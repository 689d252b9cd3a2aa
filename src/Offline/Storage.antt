-- ===== src/Offline/Storage.antt =====
-- What the stored queue keeps: keys that were given once, and records that carry their key.
use vault_drive.Base.{
  ℕ, ◌+◌, ◌∙◌, true, ◌<◌, ◌≤◌, String, some, [], ◌∷◌, ◌≡◌, ◌≢◌, ◌⊎◌, inl, inr, refl, subst, All,
  All-map, arith, Bool-cases, Option-cases, ◌==◌, number_eq, text_eq, ==→eq, ==_refl, truthy, ok,
  option_eq,
}
use vault_drive.Base.JsMap.{All-set, All-delete, JsMap, get, get-set, set, delete}
use vault_drive.Offline.Sync.{OfflineAction, rename}
use vault_drive.Offline.Queue.{
  OfflineQueue, Transaction, completes, request_fails, tx_fails, tx_aborts, NewOfflineAction,
  OfflineActionUpdate, settle, patched, stored_action, queue_offline_action, update_queue_item,
  clear_offline_queue, remove_queue_item, fresh_hash,
}

-- Every stored record is under its own `id`, which is a key that was given before the next one.
pub record IsEntry (next : ℕ) (entry : ℕ × OfflineAction) : Type 0 where
  keyed : entry.1.id ≡ some entry.0
  positive : 1 ≤ entry.0
  given : entry.0 < next

abbrev pub Ascending : JsMap ℕ OfflineAction → Type 0
Ascending [] = Unit
Ascending (e ∷ items) = All (λ f. e.0 < f.0) items × Ascending items

-- The keys ascend, so that no two are the same.
abbrev pub IsQueue : OfflineQueue → Type 0
IsQueue q = (1 ≤ q.next_id) × All (IsEntry q.next_id) q.items × Ascending q.items

-- The operations, with what the browser and the random source answer.
pub data Step (q : OfflineQueue) : OfflineQueue → Type 0 where
  queueing :
      (tx : Transaction) (action_uuid hash_uuid : String) (action : NewOfflineAction)
      → Step q (queue_offline_action tx action_uuid hash_uuid action q).1
  updating :
      (tx : Transaction) (id : ℕ) (patch : OfflineActionUpdate)
      → Step q (update_queue_item tx id patch q).1
  clearing : (tx : Transaction) → Step q (clear_offline_queue tx q).1
  removing : (tx : Transaction) (id : ℕ) → Step q (remove_queue_item tx id q).1

pub data Reachable : OfflineQueue → Type 0 where
  created : Reachable (record { next_id = 1; items = [] })
  stepped : (q r : OfflineQueue) → Reachable q → Step q r → Reachable r

Ascending-delete :
    (k : ℕ) (items : JsMap ℕ OfflineAction) → Ascending items → Ascending (delete k items)
unfolding delete
Ascending-delete k [] h = tt
Ascending-delete k ((j, b) ∷ items) (above, h) = elim (Bool-cases (j == k)) [
  | inl same ↦ rw same (Ascending-delete k items h)
  | inr other ↦ rw other (All-delete (λ f. j < f.0) k items above, Ascending-delete k items h)
]

get-All {κ} :
    (P : ℕ × OfflineAction → Type κ) (k : ℕ) (a : OfflineAction) (items : JsMap ℕ OfflineAction)
    → All P items
    → get k items ≡ some a
    → P (k, a)
unfolding get
get-All P k a [] h e = cc
get-All P k a ((j, b) ∷ items) (p, h) e = elim (Bool-cases (j == k)) [
  | inl same ↦
      let value : b ≡ a = ground (arith, e, same) in
      subst (λ c. P (k, c)) value (subst (λ i. P (i, b)) (==→eq j k same) p)
  | inr other ↦ get-All P k a items h (ground (arith, e, other))
]

-- A key that is set is either there already or larger than all of them.
Ascending-set :
    (k next : ℕ) (a : OfflineAction) (items : JsMap ℕ OfflineAction)
    → All (IsEntry next) items
    → ((b : OfflineAction) × (get k items ≡ some b)) ⊎ (next ≤ k)
    → Ascending items
    → Ascending (set k a items)
unfolding set get
Ascending-set k next a [] e w h = (tt, tt)
Ascending-set k next a ((j, b) ∷ items) (e, es) w (above, h) = elim (Bool-cases (j == k)) [
  | inl same ↦ rw same (above, h)
  | inr other ↦
      let below : j < k = elim w [
        | inl (c, found) ↦ get-All (λ f. j < f.0) k c items above (ground (arith, found, other))
        | inr fresh ↦ omega (arith, e.given, fresh)
      ] in
      let further : ((b : OfflineAction) × (get k items ≡ some b)) ⊎ (next ≤ k) = elim w [
        | inl (c, found) ↦ inl (c, ground (arith, found, other))
        | inr fresh ↦ inr fresh
      ] in
      rw other
        (All-set (λ f. j < f.0) k a items below above, Ascending-set k next a items es further h)
]

queue_offline_action-IsQueue :
    (tx : Transaction) (action_uuid hash_uuid : String) (action : NewOfflineAction)
    (q : OfflineQueue)
    → IsQueue q
    → IsQueue (queue_offline_action tx action_uuid hash_uuid action q).1
unfolding queue_offline_action stored_action
queue_offline_action-IsQueue completes u v action q (positive, entries, ascending) = (
  omega (arith, positive),
  All-set (IsEntry (q.next_id + 1)) q.next_id _ q.items
      (record { keyed = refl; positive = positive; given = omega arith })
      (All-map q.items
        (λ f e. record { keyed = e.keyed; positive = e.positive; given = omega (arith, e.given) })
        entries),
  Ascending-set q.next_id q.next_id _ q.items entries (inr (omega arith)) ascending,
)
queue_offline_action-IsQueue (request_fails e) u v action q h = h
queue_offline_action-IsQueue (tx_fails e) u v action q h = h
queue_offline_action-IsQueue (tx_aborts e) u v action q h = h

settle-IsQueue :
    (tx : Transaction) (q r : OfflineQueue)
    → IsQueue q
    → IsQueue r
    → IsQueue (settle tx (tt {0}) q r).1
unfolding settle
settle-IsQueue completes q r before after = after
settle-IsQueue (request_fails e) q r before after = before
settle-IsQueue (tx_fails e) q r before after = before
settle-IsQueue (tx_aborts e) q r before after = before

update_queue_item-IsQueue :
    (tx : Transaction) (id : ℕ) (patch : OfflineActionUpdate) (q : OfflineQueue)
    → IsQueue q
    → IsQueue (update_queue_item tx id patch q).1
unfolding update_queue_item patched
update_queue_item-IsQueue tx id patch q (positive, entries, ascending) =
    elim (Option-cases (get id q.items)) [
      | inl missing ↦ rw (update_queue_item, missing) (positive, entries, ascending)
      | inr (current, found) ↦
          let e = get-All (IsEntry q.next_id) id current q.items entries found in
          rw (update_queue_item, found)
            (settle-IsQueue tx q _ (positive, entries, ascending)
              (
                positive,
                All-set (IsEntry q.next_id) id _ q.items
                    (record { keyed = refl; positive = e.positive; given = e.given }) entries,
                Ascending-set id q.next_id _ q.items entries (inl (current, found)) ascending,
              ))
    ]

Step-IsQueue : (q r : OfflineQueue) → IsQueue q → Step q r → IsQueue r
unfolding clear_offline_queue remove_queue_item
Step-IsQueue q r h (queueing tx u v action) = queue_offline_action-IsQueue tx u v action q h
Step-IsQueue q r h (updating tx id patch) = update_queue_item-IsQueue tx id patch q h
Step-IsQueue q r h (clearing tx) = settle-IsQueue tx q _ h (h.0, tt, tt)
Step-IsQueue q r h (removing tx id) =
    settle-IsQueue tx q _ h
      (h.0, All-delete (IsEntry q.next_id) id q.items h.1, Ascending-delete id q.items h.2)

-- In every queue that the operations reach, whatever the browser answers, the keys ascend (none is
-- used twice), each is at least 1 and below the next key, and each record carries its own key.
pub Reachable-IsQueue : (q : OfflineQueue) → Reachable q → IsQueue q
Reachable-IsQueue q created = (omega arith, tt, tt)
Reachable-IsQueue q (stepped p _ before step) = Step-IsQueue p q (Reachable-IsQueue p before) step

fresh_hash-changes :
    (uuid : String) (action : NewOfflineAction)
    → action.type ≡ rename
    → uuid ≢ action.parent_hash
    → truthy (some uuid) ≡ true
    → (hash : String) × (fresh_hash uuid action ≡ some hash)
      × (hash ≢ action.parent_hash)
      × (truthy (some hash) ≡ true)
unfolding fresh_hash
fresh_hash-changes uuid action renames different filled = elim (Option-cases action.new_hash) [
  | inl missing ↦ (uuid, ground (arith, renames, missing), different, filled)
  | inr (given, e) ↦ elim (Bool-cases (truthy (some given))) [
    | inr empty ↦ (uuid, rw (fresh_hash, renames, e, empty) refl, different, filled)
    | inl full ↦ elim (Bool-cases (given == action.parent_hash)) [
      | inl same ↦ (uuid, rw (fresh_hash, renames, e, full, same) refl, different, filled)
      | inr other ↦ (
        given,
        rw (fresh_hash, renames, e, full, other) refl,
        λ eq. ground (arith, other, eq, text_eq.same_iff given action.parent_hash),
        full,
      )
    ]
  ]
]

-- A rename that is queued (the promise gives its key) is stored under that key with a hash that is not
-- empty and not its parent's, whatever hash it came with, if the random UUID is neither; and what was
-- stored under the other keys is as before.
pub queue_offline_action-changes :
    (tx : Transaction) (action_uuid uuid : String) (action : NewOfflineAction) (q : OfflineQueue)
    (id k : ℕ)
    → action.type ≡ rename
    → uuid ≢ action.parent_hash
    → truthy (some uuid) ≡ true
    → (queue_offline_action tx action_uuid uuid action q).0 ≡ ok id
    → ((stored : OfflineAction) × (hash : String) × (get id
            (queue_offline_action tx action_uuid uuid action q).1.items
          ≡ some stored)
        × (stored.new_hash ≡ some hash)
        × (hash ≢ action.parent_hash)
        × (truthy (some hash) ≡ true))
      × ((id ≡ k)
          ⊎ (get k (queue_offline_action tx action_uuid uuid action q).1.items ≡ get k q.items))
unfolding queue_offline_action stored_action settle
queue_offline_action-changes completes action_uuid uuid action q id k renames different filled h =
    let e : q.next_id ≡ id = cc h in
    let (hash, fresh, other, full) = fresh_hash-changes uuid action renames different filled in
    (
      (
        stored_action q.next_id action_uuid uuid action,
        hash,
        rw (← e) (get-set q.next_id q.next_id _ q.items ∙ rw (==_refl q.next_id) refl),
        fresh,
        other,
        full,
      ),
      elim (Bool-cases (q.next_id == k)) [
        | inl same ↦ inl (rw (← e) (==→eq q.next_id k same))
        | inr apart ↦ inr (get-set q.next_id k _ q.items ∙ rw apart refl)
      ],
    )
queue_offline_action-changes (request_fails m) action_uuid uuid action q id k renames different
      filled h =
    cc h
queue_offline_action-changes (tx_fails m) action_uuid uuid action q id k renames different filled
      h =
    cc h
queue_offline_action-changes (tx_aborts m) action_uuid uuid action q id k renames different filled
      h =
    cc h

* [Brief]:
Each line from the material above that mentions the word "random" needs to be copied.

* [Answer to this exercise]:
-- The operations, with what the browser and the random source answer.
-- empty and not its parent's, whatever hash it came with, if the random UUID is neither; and what was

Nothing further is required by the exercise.